Last edited: November 02, 2003

Gay Journalist Denied Prison Release for Appeal, September 24, 2003

By Jon ben Asher, Newscenter, European Bureau Chief

Tashkent, Uzbekistan—A gay journalist imprisoned in Uzbekistan on what human rights groups call trumped up charges has been denied release while his case is being appealed.

Ruslan Sharipov was sentenced last month to 5 1/2 years in prison after pleading guilty to charges of sodomy, having sex with minors and running a brothel. An outspoken critic of the Uzbek government, Shapirov denies the charges and says he was forced into confessing as a result of torture by prison guards while he was awaiting trial.

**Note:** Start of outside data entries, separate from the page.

-- ===== src/Services/Startup.antt =====
-- What Init calls, and in which order.
use white_board_server.Prelude.{
  ℕ, ◌≡◌, ◌≢◌, Bool, true, false, some, List, [], ◌∷◌, ◌++◌, map, arith, ◌⊎◌, inl, inr, length, ◌∙◌,
  append_assoc, append-nil, Option-cases, Bool-cases,
}
use white_board_server.Containers.Ord.{Bytes, bytes_ord}
use white_board_server.Containers.Map.{find}
use white_board_server.Resolver.{Service, Row, get_lack_services}
use white_board_server.Resolver.Sorting.{IsOrder, IsBlocked}
use white_board_server.Services.Injecting.{injections}
use white_board_server.Services.{Methods, Call, init_call, ServiceManager, after_call, call_each}

-- A loop that calls a method of each service, and returns, has called it once on each in turn.
pub call_each-calls :
    (method : Bytes → Service → Service × Bool) (call : Bytes → Call) (l : List Bytes)
    (m m' : ServiceManager)
    → call_each method call l m ≡ some m'
    → (m'.calls ≡ m.calls ++ map call l) × (m'.orders ≡ m.orders)
unfolding call_each after_call
call_each-calls method call [] m m' h = (ground (arith, h, append-nil m.calls), ground (arith, h))
call_each-calls method call (n ∷ rest) m m' h = elim (Option-cases (find n m.services)) [
  | inl e ↦ absurd (ground (arith, e, h))
  | inr (s, e) ↦ elim (Bool-cases (method n s).1) [
    | inr failed ↦ absurd (ground (arith, e, failed, h))
    | inl done ↦
        let (logged, kept) =
          call_each-calls method call rest (after_call n (method n s).0 (call n) m) m'
            (ground (arith, e, done, h)) in
        (logged ∙ append_assoc m.calls (call n ∷ []) (map call rest), kept)
  ]
]

module _ (ms : Methods) where
  -- What Init has done when it succeeds: it injected into all new services what they depend on, and
  -- initialised them, each after those that it depends on, or, where they block one another, none.
  pub Initialised : List Row → ℕ → ServiceManager → ServiceManager → Type 0
  Initialised rows count m m' =
      (m'.initialized ≡ true)
      × (((new : List Bytes) × (m'.calls
              ≡ m.calls ++ (injections new m.services ++ map init_call new))
            × (m'.orders ≡ m.orders ++ new)
            × IsOrder rows m.orders new
            × (length new ≡ count))
          ⊎ (IsBlocked rows m'.orders × (m'.calls ≡ m.calls)))

  -- What Init has done by its result: it fails only if a service is lacking, and without a change.
  pub Finished : Bool → List Row → ℕ → ServiceManager → ServiceManager → Type 0
  unfolding Initialised
  Finished true rows count m m' = Initialised rows count m m'
  Finished false rows count m m' = (m' ≡ m) × (get_lack_services m.services m.orders ≢ [])
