-- ===== src/Core/Keeping.antt =====
-- What an effect leaves as it was, step by step: the lemmas for chains of fallible calls.
use transferred.Prelude.{◌≡◌, refl, Result, ok, err}
use transferred.Core.Error.{TransferredError}
use transferred.Core.Effect.{Effect, pure, lift, continue, ◌>>=◌, cleaned, on_error}

module _ {ℓ κ} {W : Type ℓ} {A : Type κ} (Q : W → Type 0) where
  -- Whatever it answers, and only where it fails.
  abbrev pub Keeps : Effect W A → Type ℓ
  Keeps m = (w : W) → Q w → Q (m w).1

  abbrev pub FailsKeeping : Effect W A → Type (ℓ ⊔ κ)
  FailsKeeping m = (w : W) (e : TransferredError) → (m w).0 ≡ err e → Q w → Q (m w).1

module _ {ℓ κ ε} {W : Type ℓ} {A : Type κ} {B : Type ε} (Q : W → Type 0) where
  pub bind-Keeps :
      (m : Effect W A) (f : A → Effect W B)
      → Keeps Q m
      → ((a : A) → Keeps Q (f a))
      → Keeps Q (m >>= f)
  bind-Keeps m f h k w q = go (m w).0 (m w).1 (h w q)
    where
      go : (r : Result A TransferredError) (v : W) → Q v → Q (continue r f v).1
      go (ok a) v p = k a v p
      go (err e) v p = p

  pub lift-Keeps :
      (r : Result A TransferredError) (f : A → Effect W B)
      → ((a : A) → r ≡ ok a → Keeps Q (f a))
      → Keeps Q (lift r >>= f)
  lift-Keeps (ok a) f h w q = h a refl w q
  lift-Keeps (err e) f h w q = q

  -- By way of what holds in between.
  pub bind-Through :
      (R : W → Type 0) (m : Effect W A) (f : A → Effect W B)
      → ((w : W) → Q w → R (m w).1)
      → ((w : W) → R w → Q w)
      → ((a : A) (w : W) → R w → Q (f a w).1)
      → Keeps Q (m >>= f)
  bind-Through R m f h left k w q = go (m w).0 (m w).1 (h w q)
    where
      go : (r : Result A TransferredError) (v : W) → R v → Q (continue r f v).1
      go (ok a) v p = k a v p
      go (err e) v p = left v p

  pub bind-FailsKeeping :
      (m : Effect W A) (f : A → Effect W B)
      → Keeps Q m
      → ((a : A) → FailsKeeping Q (f a))
      → FailsKeeping Q (m >>= f)
  bind-FailsKeeping m f h k w e fails q = go (m w).0 (m w).1 (h w q) fails
    where
      go :
          (r : Result A TransferredError) (v : W)
          → Q v
          → (continue r f v).0 ≡ err e
          → Q (continue r f v).1
      go (ok a) v p fails = k a v e fails p
      go (err x) v p fails = p

  pub pure-FailsKeeping :
      (m : Effect W A) (b : B) → FailsKeeping Q m → FailsKeeping Q (m >>= λ _. pure b)
  pure-FailsKeeping m b h w e fails q = go (m w).0 (m w).1 (λ x failed. h w x failed q) fails
    where
      go :
          (r : Result A TransferredError) (v : W)
          → ((x : TransferredError) → r ≡ err x → Q v)
          → (continue r (λ _. pure b) v).0 ≡ err e
          → Q (continue r (λ _. pure b) v).1
      go (ok a) v p fails = absurd (cc fails)
      go (err x) v p fails = p x refl

module _ {ℓ κ} {W : Type ℓ} {A : Type κ} (Q : W → Type 0) (clean : W → W)
    (tidy : (w : W) → Q w → Q (clean w)) (m : Effect W A) where
  pub on_error-Keeps : Keeps Q m → Keeps Q (on_error clean m)
  on_error-Keeps h w q = go (m w).0 (m w).1 (h w q)
    where
      go : (r : Result A TransferredError) (v : W) → Q v → Q (cleaned clean r v).1
      go (ok a) v p = p
      go (err e) v p = tidy v p

  pub on_error-FailsKeeping : FailsKeeping Q m → FailsKeeping Q (on_error clean m)
  on_error-FailsKeeping h w e fails q = go (m w).0 (m w).1 (λ x failed. h w x failed q) fails
    where
      go :
          (r : Result A TransferredError) (v : W)
          → ((x : TransferredError) → r ≡ err x → Q v)
          → (cleaned clean r v).0 ≡ err e
          → Q (cleaned clean r v).1
      go (ok a) v p fails = absurd (cc fails)
      go (err x) v p fails = tidy v (p x refl)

“Ikramov has been a fearless critic of the Uzbek government,” said Rachel Denber, deputy director of Human Rights Watch’s Europe and Central Asia Division. “His reports let the world know about human rights abuses in Uzbekistan. We suspect that there may be more to this incident than mere criminal thuggery.”

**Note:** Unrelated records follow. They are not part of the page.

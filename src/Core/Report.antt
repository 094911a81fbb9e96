-- ===== src/Core/Report.antt =====
-- crates/transferred-core/src/report.rs
use transferred.Prelude.{ℕ, Text, List}

-- `rows` and `bytes_written` are `u64`, the duration is in nanoseconds.
pub record RunReport : Type 0 where
  pub rows : ℕ
  pub bytes_written : ℕ
  pub written_objects : List Text
  pub duration : ℕ
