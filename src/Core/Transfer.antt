-- ===== src/Core/Transfer.antt =====
-- crates/transferred-core/src/transfer.rs. A stream of batches is the list of what it will yield;
-- the program reads no further than the first error.
use transferred.Prelude.{List, Result}
use transferred.Core.Error.{TransferredError}
use transferred.Core.Effect.{Effect, ◌>>=◌}
use transferred.Core.Arrow.{RecordBatch}
use transferred.Core.Report.{RunReport}

abbrev pub BatchStream : Type 0
BatchStream = List (Result RecordBatch TransferredError)

pub record Source {ℓ} (W : Type ℓ) : Type ℓ where
  pub stream_partitions : Effect W (List BatchStream)

pub record Destination {ℓ} (W : Type ℓ) : Type ℓ where
  pub write_partitions : List BatchStream → Effect W RunReport

pub record Transfer {ℓ} (W : Type ℓ) : Type ℓ where
  pub source : Source W
  pub destination : Destination W

module _ {ℓ} {W : Type ℓ} where
  unfoldable pub new : Source W → Destination W → Transfer W
  new source destination = record { source = source; destination = destination }

  unfoldable pub run : Transfer W → Effect W RunReport
  run self = do
    partitions ← self.source.stream_partitions
    self.destination.write_partitions partitions
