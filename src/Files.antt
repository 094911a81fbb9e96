-- ===== src/Files.antt =====
-- crates/transferred-files: the local file source and destination, and the Parquet codec.
pub mod FileSystem
pub mod Paths
pub mod Destination
pub mod Source
pub mod Parquet
pub mod Resolving
pub mod PartFiles
pub mod Totals
pub mod Reporting
pub mod Succeeding
pub mod Footer
pub mod ParquetWriting
mod Examples
pub mod LostOutput
pub mod SampleWriter
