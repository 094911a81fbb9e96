-- ===== src/Prelude/Decimal.antt =====
-- `Display` of an integer and `str::parse::<i32>`, as `std` has them.
use Prim.Native.Nat.{ℕ, zero, suc, ◌+◌, ◌-◌, ◌*◌, ◌/◌, ◌%◌, ◌<◌, ◌≤◌}
use mathlib.Core.Path.{◌≡◌, ap, ◌∙◌}
use mathlib.Core.Logic.{◌⊎◌, inl, inr}
use mathlib.Core.Bool.{◌&&◌}
use mathlib.Core.List.{[], ◌∷◌}
use mathlib.Core.Option.{Option, none, some}
use native.Mathlib.Omega.{arith}
use transferred.Prelude.Tests.{ltb, leb, ◌==◌, if◌then◌else◌, Text}
use transferred.Prelude.Int.{ℤ, pos, negsuc, IsSigned, is_signed}

-- The digits of `n`, in front of `tail`; `n < 10 ^ fuel`.
pub digits_before : ℕ → ℕ → Text → Text
digits_before zero n tail = tail
digits_before (suc fuel) n tail =
    let here = (48 + n % 10) ∷ tail in
    let more = digits_before fuel (n / 10) here in if ltb n 10 then here else more

-- A number is below ten to the power of itself.
unfoldable pub display_nat : ℕ → Text
unfolding digits_before
display_nat n = digits_before (suc n) n []

unfoldable pub display_int : ℤ → Text
unfolding display_nat
display_int (pos n) = display_nat n
display_int (negsuc n) = 45 ∷ display_nat (n + 1)

-- The value of a text of digits, after those read so far.
pub read_digits : ℕ → Text → Option ℕ
read_digits acc [] = some acc
read_digits acc (c ∷ text) =
    let rest = read_digits (acc * 10 + (c - 48)) text in if leb 48 c && leb c 57 then rest else none

read_unsigned : Text → Option ℕ
unfolding read_digits
read_unsigned [] = none
read_unsigned (c ∷ text) = read_digits 0 (c ∷ text)

-- The negation of a natural number.
pub negated : ℕ → ℤ
negated zero = pos 0
negated (suc n) = negsuc n

in_i32 : Option ℤ → Option ℤ
in_i32 none = none
in_i32 (some z) = if is_signed 2147483648 z then some z else none

signed_value : (ℕ → ℤ) → Option ℕ → Option ℤ
signed_value sign none = none
signed_value sign (some n) = some (sign n)

-- One sign, then at least one digit, and a value that an `i32` holds.
unfoldable pub parse_i32 : Text → Option ℤ
unfolding read_unsigned negated in_i32 signed_value
parse_i32 [] = none
parse_i32 (c ∷ text) =
    if c == 45
    then in_i32 (signed_value negated (read_unsigned text))
    else if c == 43
    then in_i32 (signed_value pos (read_unsigned text))
    else in_i32 (signed_value pos (read_unsigned (c ∷ text)))

-- What the accumulator is worth in front of `n`, by the digits of `n`.
shifted : ℕ → ℕ → ℕ → ℕ
shifted zero acc n = acc
shifted (suc fuel) acc n =
    let more = shifted fuel acc (n / 10) * 10 + n % 10 in if ltb n 10 then acc * 10 + n else more

read_digits-digits_before :
    (fuel n acc : ℕ) (tail : Text)
    → n < fuel
    → read_digits acc (digits_before fuel n tail) ≡ read_digits (shifted fuel acc n) tail
unfolding digits_before read_digits shifted
read_digits-digits_before zero n acc tail h = elim h [ ]
read_digits-digits_before (suc fuel) n acc tail h =
    ground (arith, read_digits-digits_before fuel (n / 10) acc ((48 + n % 10) ∷ tail))

shifted_zero : (fuel n : ℕ) → n < fuel → shifted fuel 0 n ≡ n
unfolding shifted
shifted_zero zero n h = elim h [ ]
shifted_zero (suc fuel) n h = ground (arith, shifted_zero fuel (n / 10))

digits_nonempty :
    (fuel n : ℕ) (tail : Text)
    → n < fuel
    → (c : ℕ) × (text : Text) × (digits_before fuel n tail ≡ c ∷ text) × (48 ≤ c) × (c ≤ 57)
unfolding digits_before
digits_nonempty zero n tail h = elim h [ ]
digits_nonempty (suc fuel) n tail h = elim (small n) [
  | inl p ↦ (48 + n % 10, tail, ground arith, omega arith, omega arith)
  | inr p ↦
      let rest = digits_nonempty fuel (n / 10) ((48 + n % 10) ∷ tail) (omega arith) in
      (rest.0, rest.1, ground arith, rest.3, rest.4)
]
  where
    small : (m : ℕ) → (m < 10) ⊎ (10 ≤ m)
    small m = omega arith

read-display_nat : (n : ℕ) → read_digits 0 (display_nat n) ≡ some n
unfolding display_nat
read-display_nat n =
    read_digits-digits_before (suc n) n 0 [] (omega arith)
    ∙ unfold read_digits in ap some (shifted_zero (suc n) n (omega arith))

-- What `display_nat` prints: at least one character, the first a digit.
display_nat_head :
    (n : ℕ) → (c : ℕ) × (text : Text) × (display_nat n ≡ c ∷ text) × (48 ≤ c) × (c ≤ 57)
unfolding display_nat
display_nat_head n = digits_nonempty (suc n) n [] (omega arith)

read_unsigned-display_nat : (n : ℕ) → read_unsigned (display_nat n) ≡ some n
unfolding read_unsigned
read_unsigned-display_nat n = let d = display_nat_head n in ground (arith, d.2, read-display_nat n)

parse_unsigned :
    (s : Text) (c : ℕ) (text : Text)
    → s ≡ c ∷ text
    → 48 ≤ c
    → parse_i32 s ≡ in_i32 (signed_value pos (read_unsigned s))
unfolding parse_i32
parse_unsigned s c text e h = rw e (ground arith)

-- Printing an `i32` and reading it back gives the same number.
pub parse_i32-display_int : (z : ℤ) → IsSigned 2147483648 z → parse_i32 (display_int z) ≡ some z
parse_i32-display_int (pos n) h =
    let d = display_nat_head n in
    unfold display_int in
    parse_unsigned (display_nat n) d.0 d.1 d.2 d.3
    ∙ rw (read_unsigned-display_nat n) (unfold in_i32 signed_value in ground arith)
parse_i32-display_int (negsuc n) h =
    unfold display_int parse_i32 in
    rw (read_unsigned-display_nat (n + 1)) (unfold in_i32 signed_value negated in ground arith)
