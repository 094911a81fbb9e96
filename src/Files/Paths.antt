-- ===== src/Files/Paths.antt =====
-- `std::path::Path`, by its components; a name is its UTF-8 bytes.
use transferred.Prelude.{Text, codes, List, [], ◌∷◌, Option, some, none, eq_text, if◌then◌else◌}

abbrev pub FilePath : Type 0
FilePath = List Text

-- `file_name`: the last component, unless it is `..`.
unfoldable pub file_name : FilePath → Option Text
file_name [] = none
file_name (name ∷ []) = if eq_text name (codes "..") then none else some name
file_name (name ∷ next ∷ rest) = file_name (next ∷ rest)

-- `with_file_name`: in place of the last component if that is a file name, behind the path if not.
unfoldable pub with_file_name : FilePath → Text → FilePath
with_file_name [] new = new ∷ []
with_file_name (name ∷ []) new = if eq_text name (codes "..") then name ∷ new ∷ [] else new ∷ []
with_file_name (name ∷ next ∷ rest) new = name ∷ with_file_name (next ∷ rest) new
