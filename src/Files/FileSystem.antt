-- ===== src/Files/FileSystem.antt =====
-- What `tokio::fs`, the `glob` crate and a file format do, as the connector calls them: parameters.
use transferred.Prelude.{ℕ, Text, List, Bool, Result}
use transferred.Core.Error.{AnyError, IoError}
use transferred.Core.Effect.{Effect}
use transferred.Core.Transfer.{BatchStream}
use transferred.Files.Paths.{FilePath}

abbrev pub IoCall {ℓ} : Type ℓ → Type 0 → Type ℓ
IoCall W A = W → Result A IoError × W

pub record FileSystem {ℓ} (W : Type ℓ) : Type ℓ where
  pub create_dir_all : FilePath → IoCall W (Unit {0})
  pub remove_dir_all : FilePath → IoCall W (Unit {0})
  pub rename : FilePath → FilePath → IoCall W (Unit {0})
  pub create : FilePath → IoCall W (Unit {0})
  pub metadata_len : FilePath → IoCall W ℕ
  pub open_file : FilePath → IoCall W (Unit {0})
  pub is_dir : W → FilePath → Bool
  -- `glob::glob`: an error of the pattern, or the paths with the errors of walking to them.
  pub glob : W → Text → Result (List (Result FilePath AnyError)) AnyError

-- formats.rs: the traits `FormatWrite` and `FormatRead`, over a file that stands by its path.
pub record FormatWrite {ℓ} (W : Type ℓ) : Type ℓ where
  pub file_extension : Text
  pub write : FilePath → BatchStream → Effect W ℕ

pub record FormatRead {ℓ} (W : Type ℓ) : Type ℓ where
  pub read : FilePath → Effect W BatchStream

This week an appeals court in Tashkent, the capital, rejected his plea for freedom while the appeal is underway.

In a letter earlier this month to U.N. Secretary-General Kofi Annan, Sharipov wrote that he feared he would be murdered in prison. In his letter he says he had been forced to write a suicide note declaring he had killed himself by his own choice.

“I was clearly told that if I would write any further appeals or complaints, I would ‘commit suicide’.”

Sharipov wrote that guards chose forms of torture that wouldn’t leave marks on his body, such as placing a gas mask on his head and spraying an unknown substance inside that hindered breathing. He also said he was threatened he would be injected with the AIDS virus.

The Uzbek government denies it uses torture, but a United Nations investigation last year found evidence of “systematic” torture in the Central Asian nation.